Native FLAC can handle only a single FLAC stream, so is limited to eight channels; not even enough for second-order, full-sphere. An Ogg container can contain multiple streams, including multiple FLAC streams. Ogg FLAC can therefore handle any number of channels. Unfortunately, it is Native FLAC which is widely supported; Ogg FLAC is not well supported.
For Native FLAC, Ambisonic metadata can easily be placed into the FLAC codec. Third-party applications can register IDs for use in the METADATA_BLOCK_APPLICATION. These can be the same as the WAVE chunks, with the omission of the size (which, instead, goes into the METADATA_BLOCK_HEADER).

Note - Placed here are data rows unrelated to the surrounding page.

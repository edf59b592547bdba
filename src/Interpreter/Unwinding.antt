-- ===== src/Interpreter/Unwinding.antt =====
-- Lemmas on the unwinding of src/runtime/Interpreter.cpp, `advanceAfterNode` and what it calls: the
-- state that it leaves behind, and its fuel.
use sapo_engine.Prelude.{
  ℕ, zero, suc, ◌+◌, ◌≤◌, ◌<◌, String, ◌≡◌, refl, ap, sym, subst, ◌-◌, Bool, true, false, Option,
  none, some, List, [], ◌∷◌, str_eq, arith, Bool-cases, inl, inr, leb, ltb, not, ◌&&◌, ◌||◌,
  get_elem?,
}
use sapo_engine.Workflow.{ParsedWorkflow}
use sapo_engine.Interpreter.State.{
  Frame, FrameKind, loop, try, branch, body, Phase, in_body, in_catch, in_finally, RunState, Tasks,
}
use sapo_engine.Interpreter.Frames.{
  index_of_id, bind_iteration, save_frames, erase_iteration_locals,
}
use sapo_engine.Interpreter.Advance.{
  Unwind, leave_top, end_of_run, close_frame, repeat_body, more_passes, warn_capped, next_iteration,
  pass_or_close, enter_finally, raise_again, advance_try_phase, go_on, pop_frame, complete_frame,
  step_sibling, leave_or_step, advance_in, advance, advance_after_node, leaving, next_of, rounds_of,
  weigh,
}
use sapo_engine.Interpreter.Same.{
  Same, Keeps, KeepsOn, Keeps-weaken, resolve_jump-Same, raise_again-Same, Keeps-bind-test,
  Keeps-bind, warn_capped-Same, more_passes-Ends,
}

module _ {C : Type 0} (t : Tasks C) (w : ParsedWorkflow) (k : Unwind C) (f : Frame)
    (rest : List Frame) (m : ℕ) (on : KeepsOn m k) (fits : weigh (f ∷ rest) ≡ suc m) where
  rest_fits : weigh rest ≤ m
  rest_fits = ground (arith, fits)

  pub close_frame-Keeps : (st : RunState C) → Keeps m st (close_frame k f rest st)
  unfolding close_frame erase_iteration_locals
  close_frame-Keeps st =
      Keeps-weaken (weigh rest) m st _ _ rest_fits refl refl refl (on f.node_id rest _ rest_fits)

  pop_frame-Keeps : (st : RunState C) → Keeps (suc m) st (pop_frame k f rest st)
  unfolding pop_frame
  pop_frame-Keeps st = elim (Bool-cases (str_eq f.resume_target "")) [
    | inl none_left ↦ rw none_left (
        Keeps-weaken (weigh rest) (suc m) st _ _ (omega (arith, rest_fits)) refl refl refl
          (on f.node_id rest (save_frames (record st { frames = rest })) rest_fits))
    | inr resumes ↦ rw resumes (ground (arith, rest_fits))
  ]

  go_on-Keeps :
      (owner : String) (st st' : RunState C) → Same m st st' → Keeps (suc m) st (go_on k owner st')
  unfolding go_on
  go_on-Keeps owner st st' same = elim (Bool-cases (not (str_eq st'.cursor "") || st'.finished)) [
    | inl settled ↦ rw settled (ground (arith, same))
    | inr further ↦ rw further (
        Keeps-weaken (weigh st'.frames) (suc m) st st' _ (omega (arith, same.frames_within))
          same.visits_kept same.budget_kept same.visited_kept
          (on owner st'.frames st' same.frames_within))
  ]

  repeat_body-Same : (index : ℕ) (st : RunState C) → Same (suc m) st (repeat_body f rest index st)
  unfolding repeat_body bind_iteration
  repeat_body-Same index st = ground (arith, fits)

  pass_or_close-Keeps :
      (index : ℕ) (st : RunState C) (more : Bool)
      → Keeps (suc m) st (pass_or_close t w k f rest index st more)
  unfolding pass_or_close
  pass_or_close-Keeps index st true = repeat_body-Same index st
  pass_or_close-Keeps index st false =
      Keeps-weaken m (suc m) st st _ (omega arith) refl refl refl (close_frame-Keeps st)

  pub next_iteration-Keeps : (st : RunState C) → Keeps (suc m) st (next_iteration t w k f rest st)
  unfolding next_iteration
  next_iteration-Keeps st =
      let index = f.loop_state.index + 1 in
      let capped = leb f.loop_state.max_iterations index in
      let st' = warn_capped f capped (record st { frames = f ∷ rest }) in
      let warned = warn_capped-Same f capped (record st { frames = f ∷ rest }) in
      Keeps-bind-test (more_passes t w f (not capped && ltb index f.loop_state.total) st')
        (pass_or_close t w k f rest index st') (suc m) st
        (more_passes-Ends t w f (not capped && ltb index f.loop_state.total) st')
        (λ more.
          Keeps-weaken (suc m) (suc m) st st' _ (omega arith) warned.visits_kept warned.budget_kept
            warned.visited_kept (pass_or_close-Keeps index st' more))

  enter_finally-Same :
      (x : String) (xs : List String) (st : RunState C)
      → rounds_of f.try_state.phase ≡ 2
      → Same m st (enter_finally f rest (x ∷ xs) st)
  unfolding enter_finally
  enter_finally-Same x xs st two = ground (arith, fits, two)

  close_after-Keeps :
      (st : RunState C)
      → Keeps m st (
          close_frame k f rest
            (raise_again f.try_state.propagate (record st { frames = f ∷ rest })))
  close_after-Keeps st =
      let same = raise_again-Same f.try_state.propagate (record st { frames = f ∷ rest }) in
      Keeps-weaken m m st (raise_again f.try_state.propagate (record st { frames = f ∷ rest })) _
        (omega arith) same.visits_kept same.budget_kept same.visited_kept
        (close_frame-Keeps (raise_again f.try_state.propagate (record st { frames = f ∷ rest })))

  advance_try_phase-Keeps :
      (phase : Phase) (ids : List String) (st : RunState C)
      → f.try_state.phase ≡ phase
      → Keeps m st (advance_try_phase k f rest phase ids st)
  unfolding advance_try_phase
  advance_try_phase-Keeps in_body [] st e = close_after-Keeps st
  advance_try_phase-Keeps in_body (x ∷ xs) st e = enter_finally-Same x xs st (ap rounds_of e)
  advance_try_phase-Keeps in_catch [] st e = close_after-Keeps st
  advance_try_phase-Keeps in_catch (x ∷ xs) st e = enter_finally-Same x xs st (ap rounds_of e)
  advance_try_phase-Keeps in_finally ids st e = close_after-Keeps st

  complete_frame-Keeps :
      (kind : FrameKind) (last : Bool) (st : RunState C)
      → Keeps (suc m) st (complete_frame t w k kind last f rest st)
  unfolding complete_frame
  complete_frame-Keeps loop last st = next_iteration-Keeps st
  complete_frame-Keeps try last st =
      Keeps-bind (advance_try_phase k f rest f.try_state.phase f.try_state.finally_ids st)
        (go_on k f.node_id) m (suc m) st
        (advance_try_phase-Keeps f.try_state.phase f.try_state.finally_ids st refl)
        (go_on-Keeps f.node_id st)
  complete_frame-Keeps branch last st = ground (arith, fits)
  complete_frame-Keeps body last st = pop_frame-Keeps st

  step_sibling-Keeps :
      (i : ℕ) (o : Option String) (st : RunState C)
      → Keeps (suc m) st (step_sibling t w k i o f rest st)
  unfolding step_sibling
  step_sibling-Keeps i none st = complete_frame-Keeps f.kind true st
  step_sibling-Keeps i (some id) st = ground (arith, fits)

  leave_or_step-Keeps :
      (i : ℕ) (o : Option String) (st : RunState C)
      → Keeps (suc m) st (leave_or_step t w k i o f rest st)
  unfolding leave_or_step
  leave_or_step-Keeps i none st = step_sibling-Keeps i (get_elem? f.ids (i + 1)) st
  leave_or_step-Keeps i (some target) st =
      ground (arith, fits, resolve_jump-Same (record st { frames = f ∷ rest }) target)

  advance_in-Keeps :
      (current : String) (o : Option ℕ) (st : RunState C)
      → Keeps (suc m) st (advance_in t w k current o f rest st)
  unfolding advance_in
  advance_in-Keeps current none st = complete_frame-Keeps f.kind false st
  advance_in-Keeps current (some i) st =
      leave_or_step-Keeps i (leaving f.ids (next_of w current)) st

module _ {C : Type 0} (t : Tasks C) (w : ParsedWorkflow) where
  leave_top-Same :
      (o : Option String) (st : RunState C) → Same 0 st (leave_top o (record st { frames = [] }))
  unfolding leave_top end_of_run
  leave_top-Same none st = ground arith
  leave_top-Same (some target) st = ground arith

  -- The unwinding from a node always ends, in a state or by the exception of a loop's guard, and
  -- without a new frame; the counters of the run are what they were.
  pub advance-Keeps : (n m : ℕ) → m < n → KeepsOn m (advance t w n)
  unfolding advance
  advance-Keeps zero m h current frames st le = absurd (omega arith)
  advance-Keeps (suc n) m h current [] st le = leave_top-Same (next_of w current) st
  advance-Keeps (suc n) m h current (f ∷ rest) st le =
      let fits : weigh (f ∷ rest) ≡ suc (weigh (f ∷ rest) - 1) = ground arith in
      subst
        (λ x.
          Keeps x st (advance_in t w (advance t w n) current (index_of_id f.ids current) f rest st))
        (sym fits)
        (advance_in-Keeps t w (advance t w n) f rest (weigh (f ∷ rest) - 1)
          (advance-Keeps n (weigh (f ∷ rest) - 1) (omega arith)) fits current
          (index_of_id f.ids current) st)

  -- Leaving a node always ends, in a state or by the exception of a loop's guard, however deep the
  -- frames are; the frames weigh no more than before, where a frame weighs two, but one in its
  -- `finally` body, and the visits, the budget and the trail are as before.
  pub advance_after_node-Keeps :
      (st : RunState C) → Keeps (weigh st.frames) st (advance_after_node t w st)
  unfolding advance_after_node
  advance_after_node-Keeps st =
      advance-Keeps (suc (weigh st.frames)) (weigh st.frames) (omega arith) st.current_node_id
        st.frames st (omega arith)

For Ogg FLAC, which will be needed for higher-order Ambisonics, the metadata will need to be placed into the Ogg container. This can be done the same way as for Ogg Vorbis. The only difference is that the metadata will need to include which channels are in what FLAC streams. There are many possible ways to do this using Key-Value pairs, none of them particularly elegant.
Note that the FLAC codec can only contain integer audio data, not floating-point.
[edit] OggPCM
OggPCM is a non-proprietary codec, being developed by the Xiph community, for uncompressed audio. It can accommodate up to third-order full-sphere B-Format (16 channels), 2-, 3- and 4-channel UHJ, and much else. OggPCM also supports preferential unmatrixing that can be used to recover B-Format from G-Format.
[edit] Apple Core Audio Format (CAF)
CAF already supports first-order B-Format, and can handle 64-bit addressing. (It even has its own in-built PEAK chunk.) At the moment CAF is not well supported, and it is suggested we wait to see if it gathers more support outside of Apple.
[edit] Other proprietary formats
Other possible formats for Ambisonics are Dolby Digital, DTS, and AAS. If people know of ways to place user-defined machine-parseable metadata into these, will they please speak up.